These files are the supplementary data and code files for the following paper


Quantifying finer-scale behaviours using self-organising maps (SOMs) to link accelerometery signatures with behavioural patterns in free-roaming terrestrial animals.


Authors:

Nicole Galea, Fern Murphy, Joshua L. Gaschk, David S. Schoeman, Christofer J. Clemente

Corresponding Author: C. J. Clemente

Email: cclement@usc.edu.au

Description.

There are three data sets included in this set

Matlab files: Cats_align_video_6.m (+ Cats_align_video_6.fig)

These files are to be run in the matlab environment, and are primarily used to synchronise video and accelerometer data, and then tag individual behaviours. The input of this code is an accelerometer trace and a video file, which is synchronised using several taps. Instructions to use the code is provided in the supplementary material.

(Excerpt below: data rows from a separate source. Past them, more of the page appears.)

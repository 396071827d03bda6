-- ===== src/Repository.antt =====
-- app/analytics/repository: one module per collection. Every repository holds its collection, so
-- its methods take the driver; `ctx` carries deadlines only and is left out.
pub mod Indexes
pub mod Interfaces
pub mod Entity
pub mod RestaurantDay
pub mod BranchDay
pub mod ProductDay
pub mod PlatformDay
pub mod EventIds
pub mod Stores
pub mod Counting
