-- ===== src/Service.antt =====
-- app/analytics/service/analytics.service.go
pub mod Dates
pub mod Writes
pub mod WriteEffects
pub mod Access
pub mod Queries
pub mod Stored
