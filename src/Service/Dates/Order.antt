-- ===== src/Service/Dates/Order.antt =====
-- The order of dates and the order of their texts, for `validateRange` of
-- app/analytics/service/analytics.service.go.
use quickbite_analytics_serv.Base.{
  ℕ, String, ◌+◌, ◌*◌, ◌≤◌, ◌≡◌, refl, Bool, true, false, not, List, [], ◌∷◌, ltb, ◌==◌,
  if◌then◌else◌, arith, ◌↔◌, ap,
}
use quickbite_analytics_serv.Base.Text.{codes, lex_leb}
use quickbite_analytics_serv.Errors.{Result, ok, err}
use quickbite_analytics_serv.Service.Dates.{
  Date, is_digit, two_digits, parse_codes, parse_date, after, digits_date, check_range,
  validate_range,
}

abbrev order_then : ℕ → ℕ → Bool → Bool
order_then m n rest = if ltb m n then true else if m == n then rest else false

module _ (x y a b : ℕ) (dx : is_digit x ≡ true) (dy : is_digit y ≡ true) (da : is_digit a ≡ true)
    (db : is_digit b ≡ true) where
  lex_leb-two_digits :
      (xs ys : List ℕ)
      → lex_leb (x ∷ y ∷ xs) (a ∷ b ∷ ys)
        ≡ order_then (two_digits x y) (two_digits a b) (lex_leb xs ys)
  lex_leb-two_digits xs ys = ground arith

hundreds :
    (m n p q : ℕ) (rest : Bool)
    → n ≤ 99
    → q ≤ 99
    → order_then m p (order_then n q rest) ≡ order_then (100 * m + n) (100 * p + q) rest
hundreds m n p q rest hn hq = ground arith

two_digits_bound : (x y : ℕ) → is_digit x ≡ true → is_digit y ≡ true → two_digits x y ≤ 99
two_digits_bound x y hx hy = ground arith

-- The text of a date, taken apart.
record DateText (cs : List ℕ) (f : Date) : Type 0 where
  y1 : ℕ
  y2 : ℕ
  y3 : ℕ
  y4 : ℕ
  m1 : ℕ
  m2 : ℕ
  d1 : ℕ
  d2 : ℕ
  text : cs ≡ y1 ∷ y2 ∷ y3 ∷ y4 ∷ b'-' ∷ m1 ∷ m2 ∷ b'-' ∷ d1 ∷ d2 ∷ []
  y1_digit : is_digit y1 ≡ true
  y2_digit : is_digit y2 ≡ true
  y3_digit : is_digit y3 ≡ true
  y4_digit : is_digit y4 ≡ true
  m1_digit : is_digit m1 ≡ true
  m2_digit : is_digit m2 ≡ true
  d1_digit : is_digit d1 ≡ true
  d2_digit : is_digit d2 ≡ true
  year : f.year ≡ 100 * two_digits y1 y2 + two_digits y3 y4
  month : f.month ≡ two_digits m1 m2
  day : f.day ≡ two_digits d1 d2

parse_codes-DateText : (cs : List ℕ) (f : Date) → parse_codes cs ≡ ok f → DateText cs f
unfolding parse_codes
parse_codes-DateText (y1 ∷ y2 ∷ y3 ∷ y4 ∷ s1 ∷ m1 ∷ m2 ∷ s2 ∷ d1 ∷ d2 ∷ []) f h =
    let first : s1 ≡ b'-' = ground arith in
    let second : s2 ≡ b'-' = ground arith in
    let same : f ≡ digits_date y1 y2 y3 y4 m1 m2 d1 d2 = ground arith in
    record {
      y1 = y1;
      y2 = y2;
      y3 = y3;
      y4 = y4;
      m1 = m1;
      m2 = m2;
      d1 = d1;
      d2 = d2;
      text = cc (first, second);
      y1_digit = ground arith;
      y2_digit = ground arith;
      y3_digit = ground arith;
      y4_digit = ground arith;
      m1_digit = ground arith;
      m2_digit = ground arith;
      d1_digit = ground arith;
      d2_digit = ground arith;
      year = ap (λ (d : Date). d.year) same;
      month = ap (λ (d : Date). d.month) same;
      day = ap (λ (d : Date). d.day) same;
    }
parse_codes-DateText _ f h = cc

abbrev date_order : Date → Date → Bool
date_order f t = order_then f.year t.year (order_then f.month t.month (order_then f.day t.day true))

not-after : (f t : Date) → after f t ≡ not (date_order f t)
not-after f t = ground arith

module _ {xs ys : List ℕ} {f t : Date} (u : DateText xs f) (v : DateText ys t) where
  day_part : lex_leb (u.d1 ∷ u.d2 ∷ []) (v.d1 ∷ v.d2 ∷ []) ≡ order_then f.day t.day true
  day_part =
      rw (u.day, v.day)
        (lex_leb-two_digits u.d1 u.d2 v.d1 v.d2 u.d1_digit u.d2_digit v.d1_digit v.d2_digit [] [])

  month_part :
      lex_leb (u.m1 ∷ u.m2 ∷ b'-' ∷ u.d1 ∷ u.d2 ∷ []) (v.m1 ∷ v.m2 ∷ b'-' ∷ v.d1 ∷ v.d2 ∷ [])
      ≡ order_then f.month t.month (order_then f.day t.day true)
  month_part =
      rw
        (lex_leb-two_digits u.m1 u.m2 v.m1 v.m2 u.m1_digit u.m2_digit v.m1_digit v.m2_digit
          (b'-' ∷ u.d1 ∷ u.d2 ∷ []) (b'-' ∷ v.d1 ∷ v.d2 ∷ []))
        (rw (day_part, u.month, v.month))

  year_part : lex_leb xs ys ≡ date_order f t
  year_part =
      rw (u.text, v.text)
        (rw (lex_leb-two_digits u.y1 u.y2 v.y1 v.y2 u.y1_digit u.y2_digit v.y1_digit v.y2_digit _ _)
          (rw
            (lex_leb-two_digits u.y3 u.y4 v.y3 v.y4 u.y3_digit u.y4_digit v.y3_digit v.y4_digit _ _)
            (rw (month_part, u.year, v.year)
              (hundreds _ _ _ _ _ (two_digits_bound u.y3 u.y4 u.y3_digit u.y4_digit)
                (two_digits_bound v.y3 v.y4 v.y3_digit v.y4_digit)))))

-- Of two texts that parse as dates, the first is after the second exactly when it is not before or
-- equal to it in the order of the dictionary.
pub after-lex :
    (from to : String) (f t : Date)
    → parse_date from ≡ ok f
    → parse_date to ≡ ok t
    → after f t ≡ not (lex_leb (codes from) (codes to))
unfolding parse_date
after-lex from to f t hf ht =
    rw (year_part (parse_codes-DateText (codes from) f hf) (parse_codes-DateText (codes to) t ht))
      (not-after f t)

check_range-ok :
    (a b : Result Date)
    → check_range a b ≡ ok tt
    → (f : Date) × (t : Date) × (a ≡ ok f) × (b ≡ ok t) × (after f t ≡ false)
check_range-ok (ok f) (ok t) h = (f, t, refl, refl, ground arith)
check_range-ok (ok f) (err e) h = cc
check_range-ok (err e) b h = cc

-- `validateRange` accepts a range exactly when both ends are dates of the calendar in the form
-- YYYY-MM-DD, and the text of the first is before or equal to the text of the second.
pub validate_range_iff :
    (from to : String)
    → (validate_range from to ≡ ok tt) ↔ (
        (f : Date) × (t : Date) × (parse_date from ≡ ok f)
        × (parse_date to ≡ ok t)
        × (lex_leb (codes from) (codes to) ≡ true))
unfolding validate_range
validate_range_iff from to = (
  λ h.
      let (f, t, hf, ht, ordered) = check_range-ok (parse_date from) (parse_date to) h in
      (f, t, hf, ht, ground (arith, after-lex from to f t hf ht)),
  λ (f, t, hf, ht, ordered).
      rw (hf, ht, check_range) (rw (after-lex from to f t hf ht) (rw ordered)),
)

The output of this code is a data frame consisting of the raw X,Y,Z accelerometer data, trimmed to the length of an input video, and a column of tagged behaviour.


This output file is then input into the R environment using the following code.

R: Cat_code_maple_workshop.R


This code takes the output of the matlab script (can be several files which are read in a for loop) and applies the classifiers based on Tatler et al. (2018) applied in rolling epochs 50 samples long.


The output from this file is a combined file where each row represents a single epoch defined by 26 classifiers, and labelled with the most common behaviour during the epoch. This file is then used as the input for the SOM network.


Tatler, J., Cassey, P., & Prowse, T,A,A. (2018) High accuracy at low frequency: detailed behavioural classification from accelerometer data, Journal of Experimental Biology, 22(23): jeb.184085.

R: Cat_SOM_2020.R


This code reads in the output from the code above. It contains two functions:

trSamp – creates a training or testing data set with a variable sample size.

doSOM – calls up the trSamp function, runs the SOM, creates a confusion matrix and outputs the sensitivity, precision, specificity and overall accuracy.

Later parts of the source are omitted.